**EXERCISE PROMPT**
Each line below that contains the word "Path" is to be counted; give only the final number.

**GIVEN RECORDS**

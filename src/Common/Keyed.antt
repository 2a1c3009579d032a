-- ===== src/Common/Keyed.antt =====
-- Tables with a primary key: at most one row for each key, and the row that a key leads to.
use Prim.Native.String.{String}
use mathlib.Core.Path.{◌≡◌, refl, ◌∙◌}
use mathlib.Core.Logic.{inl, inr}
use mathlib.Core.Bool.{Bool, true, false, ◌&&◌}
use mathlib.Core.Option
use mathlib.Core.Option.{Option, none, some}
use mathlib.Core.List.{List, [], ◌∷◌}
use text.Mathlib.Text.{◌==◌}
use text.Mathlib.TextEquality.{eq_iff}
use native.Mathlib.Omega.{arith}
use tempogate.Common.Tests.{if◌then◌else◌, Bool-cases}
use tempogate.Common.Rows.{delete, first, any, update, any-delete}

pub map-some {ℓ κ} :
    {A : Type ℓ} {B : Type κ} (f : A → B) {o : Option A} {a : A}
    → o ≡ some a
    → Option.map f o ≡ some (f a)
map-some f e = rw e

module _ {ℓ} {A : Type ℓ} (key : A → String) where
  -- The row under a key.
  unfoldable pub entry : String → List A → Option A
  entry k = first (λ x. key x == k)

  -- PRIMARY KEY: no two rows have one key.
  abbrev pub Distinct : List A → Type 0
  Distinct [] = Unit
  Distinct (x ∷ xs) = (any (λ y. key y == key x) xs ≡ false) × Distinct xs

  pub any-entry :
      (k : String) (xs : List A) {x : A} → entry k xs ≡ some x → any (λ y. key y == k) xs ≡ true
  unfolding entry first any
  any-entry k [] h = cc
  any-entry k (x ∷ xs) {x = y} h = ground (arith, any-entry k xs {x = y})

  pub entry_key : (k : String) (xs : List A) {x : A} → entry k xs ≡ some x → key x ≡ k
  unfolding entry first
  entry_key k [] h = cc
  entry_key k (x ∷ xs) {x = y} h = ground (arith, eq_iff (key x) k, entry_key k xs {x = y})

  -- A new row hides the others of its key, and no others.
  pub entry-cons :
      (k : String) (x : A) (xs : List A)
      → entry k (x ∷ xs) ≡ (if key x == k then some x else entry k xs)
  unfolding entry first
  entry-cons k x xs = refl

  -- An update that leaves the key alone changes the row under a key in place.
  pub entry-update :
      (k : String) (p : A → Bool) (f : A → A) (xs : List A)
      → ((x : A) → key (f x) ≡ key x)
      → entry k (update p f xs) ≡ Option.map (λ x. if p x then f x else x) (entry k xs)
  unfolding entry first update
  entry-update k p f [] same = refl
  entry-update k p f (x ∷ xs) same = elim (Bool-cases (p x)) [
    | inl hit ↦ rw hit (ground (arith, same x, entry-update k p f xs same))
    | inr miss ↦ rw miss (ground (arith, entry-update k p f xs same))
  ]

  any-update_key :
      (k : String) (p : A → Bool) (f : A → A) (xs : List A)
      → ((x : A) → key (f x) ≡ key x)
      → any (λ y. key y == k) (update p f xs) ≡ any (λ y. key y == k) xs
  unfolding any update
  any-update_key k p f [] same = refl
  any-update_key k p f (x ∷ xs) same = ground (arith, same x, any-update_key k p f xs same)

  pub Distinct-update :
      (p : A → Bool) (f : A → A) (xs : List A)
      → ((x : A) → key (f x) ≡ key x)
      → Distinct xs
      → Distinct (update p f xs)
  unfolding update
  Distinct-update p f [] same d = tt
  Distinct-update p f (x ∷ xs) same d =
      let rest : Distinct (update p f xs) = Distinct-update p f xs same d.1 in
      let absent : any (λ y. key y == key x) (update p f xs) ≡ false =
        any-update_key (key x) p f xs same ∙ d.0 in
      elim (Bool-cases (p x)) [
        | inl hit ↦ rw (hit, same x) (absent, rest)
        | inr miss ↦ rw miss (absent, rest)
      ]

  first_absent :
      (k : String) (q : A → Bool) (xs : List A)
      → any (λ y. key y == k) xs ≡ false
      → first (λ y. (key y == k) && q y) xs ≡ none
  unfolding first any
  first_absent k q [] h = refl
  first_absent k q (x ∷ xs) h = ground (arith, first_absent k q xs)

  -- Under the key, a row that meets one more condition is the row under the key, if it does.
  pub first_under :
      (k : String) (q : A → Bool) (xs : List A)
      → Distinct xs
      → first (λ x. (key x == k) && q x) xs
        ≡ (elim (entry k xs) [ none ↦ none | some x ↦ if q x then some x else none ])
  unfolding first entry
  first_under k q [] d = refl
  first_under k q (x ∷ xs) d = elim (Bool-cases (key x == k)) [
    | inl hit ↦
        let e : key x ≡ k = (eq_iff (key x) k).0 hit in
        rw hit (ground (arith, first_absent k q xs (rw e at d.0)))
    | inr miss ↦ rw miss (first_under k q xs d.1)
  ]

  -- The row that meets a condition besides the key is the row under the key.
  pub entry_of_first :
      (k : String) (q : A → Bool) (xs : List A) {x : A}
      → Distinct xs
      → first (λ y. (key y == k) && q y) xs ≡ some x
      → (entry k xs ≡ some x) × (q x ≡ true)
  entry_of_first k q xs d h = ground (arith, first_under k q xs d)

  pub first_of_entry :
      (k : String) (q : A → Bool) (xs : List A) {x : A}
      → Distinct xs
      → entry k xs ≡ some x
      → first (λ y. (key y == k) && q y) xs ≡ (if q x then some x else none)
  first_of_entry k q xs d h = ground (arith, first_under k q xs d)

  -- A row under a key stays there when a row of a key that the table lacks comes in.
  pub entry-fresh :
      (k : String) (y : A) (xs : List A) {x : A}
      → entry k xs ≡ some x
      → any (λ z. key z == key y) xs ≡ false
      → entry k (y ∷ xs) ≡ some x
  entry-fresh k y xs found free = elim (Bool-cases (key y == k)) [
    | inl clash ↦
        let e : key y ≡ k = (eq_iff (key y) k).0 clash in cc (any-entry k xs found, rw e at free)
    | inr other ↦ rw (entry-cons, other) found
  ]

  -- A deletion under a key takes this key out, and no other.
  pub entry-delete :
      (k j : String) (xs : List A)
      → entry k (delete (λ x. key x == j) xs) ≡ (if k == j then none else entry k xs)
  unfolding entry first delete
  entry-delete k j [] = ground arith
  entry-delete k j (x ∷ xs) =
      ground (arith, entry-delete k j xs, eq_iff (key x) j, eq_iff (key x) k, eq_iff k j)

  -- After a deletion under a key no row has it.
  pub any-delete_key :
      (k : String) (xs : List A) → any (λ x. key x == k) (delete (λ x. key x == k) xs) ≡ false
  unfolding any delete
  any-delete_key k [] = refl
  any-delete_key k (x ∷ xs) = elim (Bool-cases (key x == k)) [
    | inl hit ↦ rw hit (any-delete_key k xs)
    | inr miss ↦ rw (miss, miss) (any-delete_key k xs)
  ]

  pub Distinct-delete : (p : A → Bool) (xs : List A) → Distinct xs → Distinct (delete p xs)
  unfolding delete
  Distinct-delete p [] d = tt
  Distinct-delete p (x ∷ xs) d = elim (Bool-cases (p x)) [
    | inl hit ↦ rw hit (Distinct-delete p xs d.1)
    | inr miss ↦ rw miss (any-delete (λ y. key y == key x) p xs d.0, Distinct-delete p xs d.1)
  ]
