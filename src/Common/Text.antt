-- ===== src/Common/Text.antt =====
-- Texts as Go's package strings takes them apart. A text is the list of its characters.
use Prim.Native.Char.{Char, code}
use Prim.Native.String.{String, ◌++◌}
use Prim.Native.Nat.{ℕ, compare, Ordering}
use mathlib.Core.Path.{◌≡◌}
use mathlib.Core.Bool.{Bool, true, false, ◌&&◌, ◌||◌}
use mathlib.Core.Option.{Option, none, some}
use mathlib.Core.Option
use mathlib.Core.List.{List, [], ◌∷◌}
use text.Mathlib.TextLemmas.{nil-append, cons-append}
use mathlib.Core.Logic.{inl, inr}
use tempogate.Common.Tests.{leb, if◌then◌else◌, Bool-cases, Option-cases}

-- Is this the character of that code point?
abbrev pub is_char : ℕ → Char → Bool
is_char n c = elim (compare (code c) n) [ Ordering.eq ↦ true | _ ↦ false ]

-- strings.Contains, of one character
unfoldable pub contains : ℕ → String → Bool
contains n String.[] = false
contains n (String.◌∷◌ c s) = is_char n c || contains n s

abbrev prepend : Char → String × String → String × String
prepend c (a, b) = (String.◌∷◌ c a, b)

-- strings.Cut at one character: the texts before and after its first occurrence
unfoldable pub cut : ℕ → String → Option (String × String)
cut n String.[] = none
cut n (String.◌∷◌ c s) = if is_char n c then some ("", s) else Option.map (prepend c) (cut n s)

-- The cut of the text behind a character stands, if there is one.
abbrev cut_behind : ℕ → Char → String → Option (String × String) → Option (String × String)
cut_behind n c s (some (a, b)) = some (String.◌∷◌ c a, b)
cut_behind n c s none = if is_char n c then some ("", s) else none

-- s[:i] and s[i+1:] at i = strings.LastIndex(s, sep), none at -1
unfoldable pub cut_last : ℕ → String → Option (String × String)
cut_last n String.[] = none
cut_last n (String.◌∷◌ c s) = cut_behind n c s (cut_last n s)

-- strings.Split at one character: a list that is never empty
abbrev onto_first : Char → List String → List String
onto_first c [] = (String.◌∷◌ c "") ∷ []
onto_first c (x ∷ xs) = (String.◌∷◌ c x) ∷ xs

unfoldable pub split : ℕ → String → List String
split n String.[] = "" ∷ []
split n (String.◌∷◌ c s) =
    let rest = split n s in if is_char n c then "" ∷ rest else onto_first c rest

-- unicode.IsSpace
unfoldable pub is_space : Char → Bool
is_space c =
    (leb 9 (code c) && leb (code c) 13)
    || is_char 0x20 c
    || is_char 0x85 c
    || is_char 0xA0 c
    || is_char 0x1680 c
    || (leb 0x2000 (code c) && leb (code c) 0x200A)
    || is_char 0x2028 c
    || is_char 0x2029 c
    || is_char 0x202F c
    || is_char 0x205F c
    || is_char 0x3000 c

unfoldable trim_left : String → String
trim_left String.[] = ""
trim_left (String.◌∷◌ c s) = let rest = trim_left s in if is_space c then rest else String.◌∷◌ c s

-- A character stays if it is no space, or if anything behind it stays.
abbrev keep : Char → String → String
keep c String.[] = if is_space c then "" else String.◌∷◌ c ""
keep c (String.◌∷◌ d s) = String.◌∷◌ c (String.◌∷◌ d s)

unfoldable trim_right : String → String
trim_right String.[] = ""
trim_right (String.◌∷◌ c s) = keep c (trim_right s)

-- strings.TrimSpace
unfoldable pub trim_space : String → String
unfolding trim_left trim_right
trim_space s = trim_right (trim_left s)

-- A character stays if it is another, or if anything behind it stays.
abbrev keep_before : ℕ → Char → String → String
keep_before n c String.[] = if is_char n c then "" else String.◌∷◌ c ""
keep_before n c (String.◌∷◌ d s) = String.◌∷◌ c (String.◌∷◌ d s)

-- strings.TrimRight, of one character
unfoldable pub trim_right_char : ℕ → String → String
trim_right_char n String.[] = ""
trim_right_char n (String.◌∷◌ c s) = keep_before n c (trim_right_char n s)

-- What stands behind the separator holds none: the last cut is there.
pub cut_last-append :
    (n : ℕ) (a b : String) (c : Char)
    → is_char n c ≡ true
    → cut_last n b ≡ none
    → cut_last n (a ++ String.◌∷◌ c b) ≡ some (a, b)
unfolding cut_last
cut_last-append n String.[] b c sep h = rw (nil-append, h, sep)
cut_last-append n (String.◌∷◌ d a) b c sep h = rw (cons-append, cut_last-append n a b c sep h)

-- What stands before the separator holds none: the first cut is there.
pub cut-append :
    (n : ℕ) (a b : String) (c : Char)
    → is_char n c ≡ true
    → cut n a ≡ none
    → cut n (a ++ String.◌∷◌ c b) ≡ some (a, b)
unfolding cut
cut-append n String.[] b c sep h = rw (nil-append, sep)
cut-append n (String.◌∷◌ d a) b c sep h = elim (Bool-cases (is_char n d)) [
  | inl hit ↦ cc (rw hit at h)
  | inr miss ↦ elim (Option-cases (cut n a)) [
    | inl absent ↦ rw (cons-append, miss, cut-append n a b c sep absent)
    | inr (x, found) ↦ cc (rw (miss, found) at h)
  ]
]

**TASK RESPONSE**
2